Each record that follows is to be output in full, precisely as written.
WORKING DATA START
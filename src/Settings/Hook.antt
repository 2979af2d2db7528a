-- ===== src/Settings/Hook.antt =====
-- frontend/src/settings/useSensorSettings.ts, and the requests of sensorSettingsApi.ts.
-- The hook's state and the requests that are not answered are one record; each call of the page and
-- each answer is a step, in any order, and a step returns the requests that it made.
pub mod Laws
use sih.Prelude.{
  ℕ, String, Bool, true, false, not, List, [], ◌∷◌, ◌++◌, map, Option, none, some, if◌then◌else◌,
  find, get_elem?, ◌===◌, ◌⊕◌, get_or,
}
use sih.Prelude.Runtime.{Runtime}
use sih.Prelude.Value.{Value, prop}
use sih.Simulation.Manifest.{is_truthy}
use sih.Simulation.Playback.{remove_at}
use sih.Settings.Sensors.{
  SensorSettingsState, SensorDisplaySetting, ImuZeroState, zeroing, error, default_sensor_settings,
}

pub data SettingsConnection : Type 0 where
  loading saved local_only failed : SettingsConnection

-- A settled promise. A reason that is no `Error` has no message.
pub data Reply {ℓ} (A : Type ℓ) : Type ℓ where
  fulfilled : A → Reply A
  rejected : Option String → Reply A

-- A call of the API that waits: a save of the sensor with this id, or a zeroing.
pub data Waiting : Type 0 where
  save_waits : String → Waiting
  zero_waits : Waiting

module _ (js : Runtime) where
  open js use {Num, show, text_of}

  -- What `fetch` gives; `json` is `none` where the text does not parse, with `syntax_error`.
  pub record Response : Type 0 where
    pub is_ok : Bool
    pub status : Num
    pub json : Option (Value Num)
    pub syntax_error : String

  -- The message of a response that is not `ok`. A value that has no `detail` keeps the status.
  unfoldable pub failure_detail : Response → String
  unfolding is_truthy prop
  failure_detail response =
      let detail = "Request failed with status " ⊕ show response.status in
      elim response.json [
        | none ↦ detail
        | some body ↦
            if is_truthy js (prop body "detail") then text_of (prop body "detail") else detail
      ]

  -- `cast` is what the page takes a parsed value for: the source does not test it.
  unfoldable pub read_json {ℓ} : {A : Type ℓ} → (Value Num → A) → Response → Reply A
  unfolding failure_detail
  read_json cast response =
      if not response.is_ok then rejected (some (failure_detail response)) else elim response.json [
        | none ↦ rejected (some response.syntax_error)
        | some value ↦ fulfilled (cast value)
      ]

  pub data Request : Type 0 where
    get_settings : Request
    put_setting : SensorDisplaySetting js → Request
    post_zero : Request

  pub record Hook : Type 0 where
    pub settings : SensorSettingsState js
    pub connection : SettingsConnection
    pub message : Option String
    pub disposed : Bool
    pub waiting : List Waiting

  pub data Event : Type 0 where
    loaded : Reply (SensorSettingsState js) → Event
    update_sensor : String → SensorDisplaySetting js → Event
    save_sensor : String → Event
    zero_imu_now : Event
    -- the answer of the call at this index
    save_answered : ℕ → Reply (SensorDisplaySetting js) → Event
    zero_answered : ℕ → Reply (ImuZeroState js) → Event
    unmount : Event

  abbrev pub Outcome : Type 0
  Outcome = Hook × List Request

  unfoldable pub first_render : Hook
  unfolding default_sensor_settings
  first_render = record {
    settings = default_sensor_settings js;
    connection = loading;
    message = none;
    disposed = false;
    waiting = [];
  }

  -- `sensors.map((sensor) => sensor.sensor_id === id ? setting : sensor)`
  unfoldable pub with_sensor :
      String → SensorDisplaySetting js → SensorSettingsState js → SensorSettingsState js
  with_sensor id setting settings = record settings {
    sensors = map (λ s. if s.sensor_id === id then setting else s) settings.sensors;
  }

  module _ (static_demo : Bool) where
    unfoldable pub load_settles : Reply (SensorSettingsState js) → Hook → Hook
    load_settles reply h = if h.disposed then h else elim reply [
      | fulfilled settings ↦ record h {
        settings = settings;
        connection = if static_demo then local_only else saved;
        message =
            if static_demo
            then some
                "Demo display settings apply only to this tab. Hardware calibration is unavailable."
            else h.message;
      }
      | rejected reason ↦ record h {
        connection = local_only;
        message = some "Calibration unavailable. Display defaults are active.";
      }
    ]

    unfoldable pub start_save : String → Hook → Outcome
    unfolding find
    start_save id h = elim (find (λ s. s.sensor_id === id) h.settings.sensors) [
      | none ↦ (h, [])
      | some setting ↦
          if static_demo
          then (
            record h {
              connection = local_only;
              message =
                  some
                    (setting.label ⊕ " applied to this tab only. Recorded telemetry is unchanged.");
            },
            [],
          )
          else (
            record h {
              message = some "Saving display settings...";
              waiting = h.waiting ++ (save_waits id ∷ []);
            },
            put_setting setting ∷ [],
          )
    ]

    unfoldable pub save_settles : String → Reply (SensorDisplaySetting js) → Hook → Hook
    unfolding with_sensor
    save_settles id (fulfilled setting) h = record h {
      settings = with_sensor id setting h.settings;
      connection = saved;
      message = some (setting.label ⊕ " saved.");
    }
    save_settles id (rejected reason) h = record h {
      connection = failed;
      message = some (get_or reason "Settings could not be saved.");
    }

    unfoldable pub start_zero : Hook → Outcome
    start_zero h =
        if static_demo
        then (
          record h { message = some "IMU zeroing requires connected hardware in the local app." },
          [],
        )
        else let imu = record h.settings.imu_zero {
          status = zeroing;
          detail = some "Keep the vehicle still.";
        } in
          (
            record h {
              settings = record h.settings { imu_zero = imu };
              waiting = h.waiting ++ (zero_waits ∷ []);
            },
            post_zero ∷ [],
          )

    unfoldable pub zero_settles : Reply (ImuZeroState js) → Hook → Hook
    zero_settles (fulfilled imu) h = record h {
      settings = record h.settings { imu_zero = imu };
      connection = saved;
      message = some (get_or imu.detail "IMU zero stored.");
    }
    zero_settles (rejected reason) h =
        let detail = get_or reason "IMU zero failed." in
        let imu = record h.settings.imu_zero { status = error; detail = some detail } in
        record h {
          settings = record h.settings { imu_zero = imu };
          connection = failed;
          message = some detail;
        }

    abbrev answered : ℕ → Hook → Hook
    answered i h = record h { waiting = remove_at i h.waiting }

    -- An answer to a call of the other kind, or to none, does not occur and changes nothing.
    unfoldable pub step : Event → Hook → Outcome
    unfolding load_settles start_save save_settles start_zero zero_settles with_sensor
    step (loaded reply) h = (load_settles reply h, [])
    step (update_sensor id setting) h =
        (record h { settings = with_sensor id setting h.settings }, [])
    step (save_sensor id) h = start_save id h
    step zero_imu_now h = start_zero h
    step (save_answered i reply) h = elim (get_elem? h.waiting i) [
      | none ↦ (h, [])
      | some zero_waits ↦ (h, [])
      | some (save_waits id) ↦ (save_settles id reply (answered i h), [])
    ]
    step (zero_answered i reply) h = elim (get_elem? h.waiting i) [
      | none ↦ (h, [])
      | some (save_waits id) ↦ (h, [])
      | some zero_waits ↦ (zero_settles reply (answered i h), [])
    ]
    step unmount h = (record h { disposed = true }, [])

    unfoldable pub run : List Event → Hook → Outcome
    run [] h = (h, [])
    run (e ∷ es) h =
        let (after, requests) = step e h in
        let (last, later) = run es after in (last, requests ++ later)

    -- The first render and its effect.
    unfoldable pub mounted : Outcome
    unfolding first_render
    mounted = (first_render, get_settings ∷ [])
WORKING DATA END
COMPLETED TASK:
filename src/Settings/Hook.antt
repository 2979af2d2db7528a
-- ===== src/Settings/Hook.antt =====
-- frontend/src/settings/useSensorSettings.ts, and the requests of sensorSettingsApi.ts.
-- The hook's state and the requests that are not answered are one record; each call of the page and
-- each answer is a step, in any order, and a step returns the requests that it made.
pub mod Laws
use sih.Prelude.{
  ℕ, String, Bool, true, false, not, List, [], ◌∷◌, ◌++◌, map, Option, none, some, if◌then◌else◌,
  find, get_elem?, ◌===◌, ◌⊕◌, get_or,
}
use sih.Prelude.Runtime.{Runtime}
use sih.Prelude.Value.{Value, prop}
use sih.Simulation.Manifest.{is_truthy}
use sih.Simulation.Playback.{remove_at}
use sih.Settings.Sensors.{
  SensorSettingsState, SensorDisplaySetting, ImuZeroState, zeroing, error, default_sensor_settings,
}

pub data SettingsConnection : Type 0 where
  loading saved local_only failed : SettingsConnection

-- A settled promise. A reason that is no `Error` has no message.
pub data Reply {ℓ} (A : Type ℓ) : Type ℓ where
  fulfilled : A → Reply A
  rejected : Option String → Reply A

-- A call of the API that waits: a save of the sensor with this id, or a zeroing.
pub data Waiting : Type 0 where
  save_waits : String → Waiting
  zero_waits : Waiting

module _ (js : Runtime) where
  open js use {Num, show, text_of}

  -- What `fetch` gives; `json` is `none` where the text does not parse, with `syntax_error`.
  pub record Response : Type 0 where
    pub is_ok : Bool
    pub status : Num
    pub json : Option (Value Num)
    pub syntax_error : String

  -- The message of a response that is not `ok`. A value that has no `detail` keeps the status.
  unfoldable pub failure_detail : Response → String
  unfolding is_truthy prop
  failure_detail response =
      let detail = "Request failed with status " ⊕ show response.status in
      elim response.json [
        | none ↦ detail
        | some body ↦
            if is_truthy js (prop body "detail") then text_of (prop body "detail") else detail
      ]

  -- `cast` is what the page takes a parsed value for: the source does not test it.
  unfoldable pub read_json {ℓ} : {A : Type ℓ} → (Value Num → A) → Response → Reply A
  unfolding failure_detail
  read_json cast response =
      if not response.is_ok then rejected (some (failure_detail response)) else elim response.json [
        | none ↦ rejected (some response.syntax_error)
        | some value ↦ fulfilled (cast value)
      ]

  pub data Request : Type 0 where
    get_settings : Request
    put_setting : SensorDisplaySetting js → Request
    post_zero : Request

  pub record Hook : Type 0 where
    pub settings : SensorSettingsState js
    pub connection : SettingsConnection
    pub message : Option String
    pub disposed : Bool
    pub waiting : List Waiting

  pub data Event : Type 0 where
    loaded : Reply (SensorSettingsState js) → Event
    update_sensor : String → SensorDisplaySetting js → Event
    save_sensor : String → Event
    zero_imu_now : Event
    -- the answer of the call at this index
    save_answered : ℕ → Reply (SensorDisplaySetting js) → Event
    zero_answered : ℕ → Reply (ImuZeroState js) → Event
    unmount : Event

  abbrev pub Outcome : Type 0
  Outcome = Hook × List Request

  unfoldable pub first_render : Hook
  unfolding default_sensor_settings
  first_render = record {
    settings = default_sensor_settings js;
    connection = loading;
    message = none;
    disposed = false;
    waiting = [];
  }

  -- `sensors.map((sensor) => sensor.sensor_id === id ? setting : sensor)`
  unfoldable pub with_sensor :
      String → SensorDisplaySetting js → SensorSettingsState js → SensorSettingsState js
  with_sensor id setting settings = record settings {
    sensors = map (λ s. if s.sensor_id === id then setting else s) settings.sensors;
  }

  module _ (static_demo : Bool) where
    unfoldable pub load_settles : Reply (SensorSettingsState js) → Hook → Hook
    load_settles reply h = if h.disposed then h else elim reply [
      | fulfilled settings ↦ record h {
        settings = settings;
        connection = if static_demo then local_only else saved;
        message =
            if static_demo
            then some
                "Demo display settings apply only to this tab. Hardware calibration is unavailable."
            else h.message;
      }
      | rejected reason ↦ record h {
        connection = local_only;
        message = some "Calibration unavailable. Display defaults are active.";
      }
    ]

    unfoldable pub start_save : String → Hook → Outcome
    unfolding find
    start_save id h = elim (find (λ s. s.sensor_id === id) h.settings.sensors) [
      | none ↦ (h, [])
      | some setting ↦
          if static_demo
          then (
            record h {
              connection = local_only;
              message =
                  some
                    (setting.label ⊕ " applied to this tab only. Recorded telemetry is unchanged.");
            },
            [],
          )
          else (
            record h {
              message = some "Saving display settings...";
              waiting = h.waiting ++ (save_waits id ∷ []);
            },
            put_setting setting ∷ [],
          )
    ]

    unfoldable pub save_settles : String → Reply (SensorDisplaySetting js) → Hook → Hook
    unfolding with_sensor
    save_settles id (fulfilled setting) h = record h {
      settings = with_sensor id setting h.settings;
      connection = saved;
      message = some (setting.label ⊕ " saved.");
    }
    save_settles id (rejected reason) h = record h {
      connection = failed;
      message = some (get_or reason "Settings could not be saved.");
    }

    unfoldable pub start_zero : Hook → Outcome
    start_zero h =
        if static_demo
        then (
          record h { message = some "IMU zeroing requires connected hardware in the local app." },
          [],
        )
        else let imu = record h.settings.imu_zero {
          status = zeroing;
          detail = some "Keep the vehicle still.";
        } in
          (
            record h {
              settings = record h.settings { imu_zero = imu };
              waiting = h.waiting ++ (zero_waits ∷ []);
            },
            post_zero ∷ [],
          )

    unfoldable pub zero_settles : Reply (ImuZeroState js) → Hook → Hook
    zero_settles (fulfilled imu) h = record h {
      settings = record h.settings { imu_zero = imu };
      connection = saved;
      message = some (get_or imu.detail "IMU zero stored.");
    }
    zero_settles (rejected reason) h =
        let detail = get_or reason "IMU zero failed." in
        let imu = record h.settings.imu_zero { status = error; detail = some detail } in
        record h {
          settings = record h.settings { imu_zero = imu };
          connection = failed;
          message = some detail;
        }

    abbrev answered : ℕ → Hook → Hook
    answered i h = record h { waiting = remove_at i h.waiting }

    -- An answer to a call of the other kind, or to none, does not occur and changes nothing.
    unfoldable pub step : Event → Hook → Outcome
    unfolding load_settles start_save save_settles start_zero zero_settles with_sensor
    step (loaded reply) h = (load_settles reply h, [])
    step (update_sensor id setting) h =
        (record h { settings = with_sensor id setting h.settings }, [])
    step (save_sensor id) h = start_save id h
    step zero_imu_now h = start_zero h
    step (save_answered i reply) h = elim (get_elem? h.waiting i) [
      | none ↦ (h, [])
      | some zero_waits ↦ (h, [])
      | some (save_waits id) ↦ (save_settles id reply (answered i h), [])
    ]
    step (zero_answered i reply) h = elim (get_elem? h.waiting i) [
      | none ↦ (h, [])
      | some (save_waits id) ↦ (h, [])
      | some zero_waits ↦ (zero_settles reply (answered i h), [])
    ]
    step unmount h = (record h { disposed = true }, [])

    unfoldable pub run : List Event → Hook → Outcome
    run [] h = (h, [])
    run (e ∷ es) h =
        let (after, requests) = step e h in
        let (last, later) = run es after in (last, requests ++ later)

    -- The first render and its effect.
    unfoldable pub mounted : Outcome
    unfolding first_render
    mounted = (first_render, get_settings ∷ [])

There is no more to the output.